El caso del menor de 12 años que robó 63 tablets de su escuela rural en Cusco es mucho más que una simple historia de delito juvenil. Es el reflejo de una realidad profunda y compleja en el Perú: la brecha educativa, la vulnerabilidad infantil y el abandono institucional.
Resulta impactante que un niño, aún en plena etapa de desarrollo moral, haya tomado la decisión de sustraer equipos diseñados para mejorar su propia educación. Sin embargo, más allá del hecho mismo, surgen preguntas inquietantes: ¿qué lleva a un menor a cometer un robo de tal magnitud? ¿Qué le enseñó la vida para que creyera que podía hacerlo sin consecuencias?
El contexto nos da pistas. Ocurrió en Accha, una comunidad campesina del distrito de Colquepata, en Paucartambo, una de las provincias cusqueñas donde las carencias son pan de cada día. El acceso a tecnología y educación de calidad sigue siendo un privilegio más que un derecho garantizado. En ese entorno, los dispositivos tecnológicos son valiosos no solo en términos educativos, sino también económicos. Para algunos niños y familias, representan más una oportunidad de supervivencia que de aprendizaje.
En esta historia, también emerge un acto de integridad. El padre del menor, al descubrir los dispositivos, no los ocultó ni justificó la acción de su hijo. En un acto que seguramente le causó dolor, lo entregó a la Policía, enviando un mensaje claro sobre la responsabilidad y las consecuencias de los actos. Sin embargo, cabe preguntarnos si este niño, más que un castigo, no necesita una guía, un apoyo, una segunda oportunidad.
El Estado, en cambio, muestra sus falencias. ¿Cómo es posible que en una escuela rural con tantos equipos tecnológicos no exista una mínima seguridad? ¿Cuántas otras instituciones educativas en zonas alejadas se encuentran en la misma situación? Y más importante aún, ¿qué está haciendo el sistema para garantizar que los niños en contextos vulnerables tengan oportunidades reales para elegir un futuro mejor?
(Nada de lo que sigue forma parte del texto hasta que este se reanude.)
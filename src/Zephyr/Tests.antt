-- ===== src/Zephyr/Tests.antt =====
-- Runs of the Zephyr client against small services.
mod Writes
use qa_ai_native.Prelude.{
  ℕ, ◌+◌, ◌*◌, ◌^◌, ◌<◌, ◌==◌, String, ◌≡◌, ◌≢◌, refl, ap, Bool, true, false, ◌||◌, Option, some,
  none, List, [], ◌∷◌, ◌++◌, if◌then◌else◌, str_eq, arith, All,
}
use qa_ai_native.Dict.{Dict, elem, lookup, insert, lookup-insert}
use qa_ai_native.Json.{
  Json, null, bool, number, string, array, object, Items, nil, Fields, end, get, get_or, dict,
  items_of, texts, is_truthy, has_key, set_field,
}
use qa_ai_native.Registry.{or_default}
use qa_ai_native.Retry.{Attempt, succeeded, transport_error}
use qa_ai_native.Service.{http_get, http_post, http_put, Call, World, done}
use qa_ai_native.TestCases.{TestCase, TestStep, failed}
use qa_ai_native.TestCases.Groups.{group_of}
use qa_ai_native.Zephyr.{Config, request, rounds, request_json}
use qa_ai_native.Zephyr.Bounds.{IsRepeated, request-IsBounded, delays, sum}
use qa_ai_native.Zephyr.Cases.{
  step_payload, test_case_entries, get_test_case_url, add_labels_to_test_case,
  add_test_case_review_comment, joined_comments, create_test_cases,
}
use qa_ai_native.Zephyr.Parse.{test_case_of}
use qa_ai_native.Zephyr.RoundTrip.{IsPlain, test_case_of-created}
use qa_ai_native.Zephyr.Search.{
  fetch_ready_for_execution_test_cases_by_labels, get_test_case_status_id_by_name, fetch_pages,
  search_params, find_status, add_page, add_values, parse_tc_json, steps_call, add_by_labels,
}
use qa_ai_native.Zephyr.Pages.{fetch_ready-ends}
use qa_ai_native.Zephyr.Matches.{Entry, IsEntry, matching}
use qa_ai_native.Zephyr.Found.{fetch_ready-matching}
use qa_ai_native.Zephyr.Updates.{Store, Updates}
use qa_ai_native.Zephyr.Edits.{add_labels-Updates, add_comment-Updates}
use qa_ai_native.Zephyr.Executions.{Execution, create_test_execution}
use qa_ai_native.Zephyr.Reports.{all_calls, create_test_execution-Sends}
use qa_ai_native.Zephyr.Creates.{all_calls as creation_calls, create_test_cases-Sends}

abbrev pub config : Config
config = record {
  base_url = "z";
  max_retries = 3;
  base_delay = 2;
  retryable_codes = 503 ∷ [];
  custom_fields_name = "customFields";
  comments_field_name = "Review";
}

abbrev pub start : {S : Type 0} → S → World S
start s = record { service = s; sent = []; slept = [] }

-- A service that does not take the first call.
abbrev late : Call → ℕ → ℕ × Attempt (Option Json)
late call n = (n + 1, if n == 0 then transport_error else succeeded none)

abbrev ping : Call
ping = record { method = http_get; url = "z/ping"; content = null }

late_slept : (request late config ping (start 0)).0.slept ≡ 2 ∷ []
unfolding request rounds
late_slept = refl

request-IsBounded_example :
    (n : ℕ) × (n < 3)
    × IsRepeated late config ping n 0 (start 0) (request late config ping (start 0)).0
    × (sum (delays 2 n 0) + 2 ≡ 2 * 2 ^ n)
request-IsBounded_example = request-IsBounded late config ping (start 0) (omega arith)

abbrev step : TestStep
step = record { action = "open"; expected_results = "a\nb"; test_data = "x" ∷ "y<br" ∷ [] }

abbrev pub test_case : TestCase
test_case = record {
  key = "";
  labels = [];
  name = "n";
  summary = "s";
  comment = "c";
  preconditions = none;
  steps = step ∷ [];
  parent_issue_key = none;
}

step-IsPlain : IsPlain step
step-IsPlain = record {
  expected = refl;
  nonempty = λ p. cc;
  unbroken = (refl, (refl, tt));
  one_line = (refl, (refl, tt));
}

test_case_of-created_example :
    test_case_of none
      (dict (
        ("key", string "T-1")
        ∷ ("labels", array (items_of (texts ("ui" ∷ []))))
        ∷ test_case_entries "P" test_case))
      (object (dict (("values", array (items_of (step_payload step ∷ []))) ∷ [])))
    ≡ some (record test_case {
      key = "T-1";
      labels = "ui" ∷ [];
      comment = "";
      parent_issue_key = none;
    })
test_case_of-created_example =
    test_case_of-created none "P" "T-1" ("ui" ∷ []) test_case (step-IsPlain, tt)

-- The statuses, and a page with one test case.
abbrev tc_status : Fields
tc_status = dict (("id", number true "5") ∷ [])

abbrev tc_labels : Items
tc_labels = items_of (texts ("ui" ∷ []))

abbrev tc : Fields
tc = dict (("key", string "T-1") ∷ ("status", object tc_status) ∷ ("labels", array tc_labels) ∷ [])

abbrev page : Fields
page = dict (
    ("maxResults", number true "100")
    ∷ ("values", array (items_of (object tc ∷ [])))
    ∷ ("isLast", bool true)
    ∷ [])

abbrev statuses : Fields
statuses = dict (
    (
      "values",
      array (
          items_of
            (object (dict (("id", number true "5") ∷ ("name", string "Approved") ∷ [])) ∷ [])),
    )
    ∷ [])

abbrev answer_of : String → Fields
answer_of url =
    if str_eq url "z/testcases"
    then page
    else if str_eq url "z/statuses?maxResults=100&statusType=TEST_CASE"
    then statuses
    else end

abbrev serve : Call → Unit {0} → Unit {0} × Attempt (Option Json)
serve call s = (tt, succeeded (some (object (answer_of call.url))))

abbrev same : String → String
same s = s

abbrev parsed : TestCase
parsed = record {
  key = "T-1";
  labels = "ui" ∷ [];
  name = "";
  summary = "";
  comment = "";
  preconditions = none;
  steps = [];
  parent_issue_key = none;
}

abbrev entry : Entry
entry = record {
  fields = tc;
  status = tc_status;
  labels = tc_labels;
  key = "T-1";
  steps = object end;
  parsed = parsed;
}

entry-IsEntry : IsEntry serve config entry
unfolding test_case_of get get_or get_test_case_url
entry-IsEntry = record {
  has_status = refl;
  has_labels = refl;
  has_key = refl;
  answers = λ s. refl;
  reads = refl;
}

found_status :
    (get_test_case_status_id_by_name serve config same "Approved"
      (search_params "P" (number true "100"))
      (start tt)).1
    ≡ done (number true "5")
unfolding get_test_case_status_id_by_name request_json request rounds find_status
found_status = refl

fetch_ready-matching_example :
    (groups : Dict (List TestCase)) × ((fetch_ready_for_execution_test_cases_by_labels serve config
        same 1 "P"
        ("ui" ∷ [])
        (number true "100")
        (start tt)).1
      ≡ done (some groups))
    × ((label : String)
        → group_of label groups ≡ matching (number true "5") ("ui" ∷ []) label (entry ∷ []))
unfolding has_key get_or
fetch_ready-matching_example =
    fetch_ready-matching serve config (omega arith) same "P" ("ui" ∷ []) (number true "100") page
      (entry ∷ []) (number true "5") 0 (start tt) (λ s. refl) refl refl refl (entry-IsEntry, tt)
      found_status

found_cases :
    (fetch_ready_for_execution_test_cases_by_labels serve config same 1 "P"
      ("ui" ∷ [])
      (number true "100")
      (start tt)).1
    ≡ done (some (("ui", parsed ∷ []) ∷ []))
unfolding fetch_ready_for_execution_test_cases_by_labels get_test_case_status_id_by_name
    request_json request rounds find_status fetch_pages add_page add_values parse_tc_json
    test_case_of insert
found_cases = refl

fetch_ready-ends_example : is_truthy (get_or (bool true) "isLast" page) ≡ true
fetch_ready-ends_example =
    fetch_ready-ends serve config same "P" ("ui" ∷ []) (number true "100") page (omega arith)
      (λ s. refl) 1 (("ui", parsed ∷ []) ∷ []) (start tt) found_cases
Este caso no debería ser tratado solo como una nota policial. Es una llamada de atención sobre lo que está fallando en nuestra sociedad. Un niño de 12 años no es un criminal en potencia, es el reflejo de un entorno que, si no se atiende, seguirá reproduciendo desigualdad y desesperanza. En vez de preguntarnos únicamente cómo castigar, deberíamos preguntarnos cómo prevenir. ¿Queremos educar ciudadanos o solo reaccionar cuando los problemas explotan?
Hoy es un niño robando tablets. Si no cambiamos el rumbo, mañana serán generaciones enteras robadas de su futuro.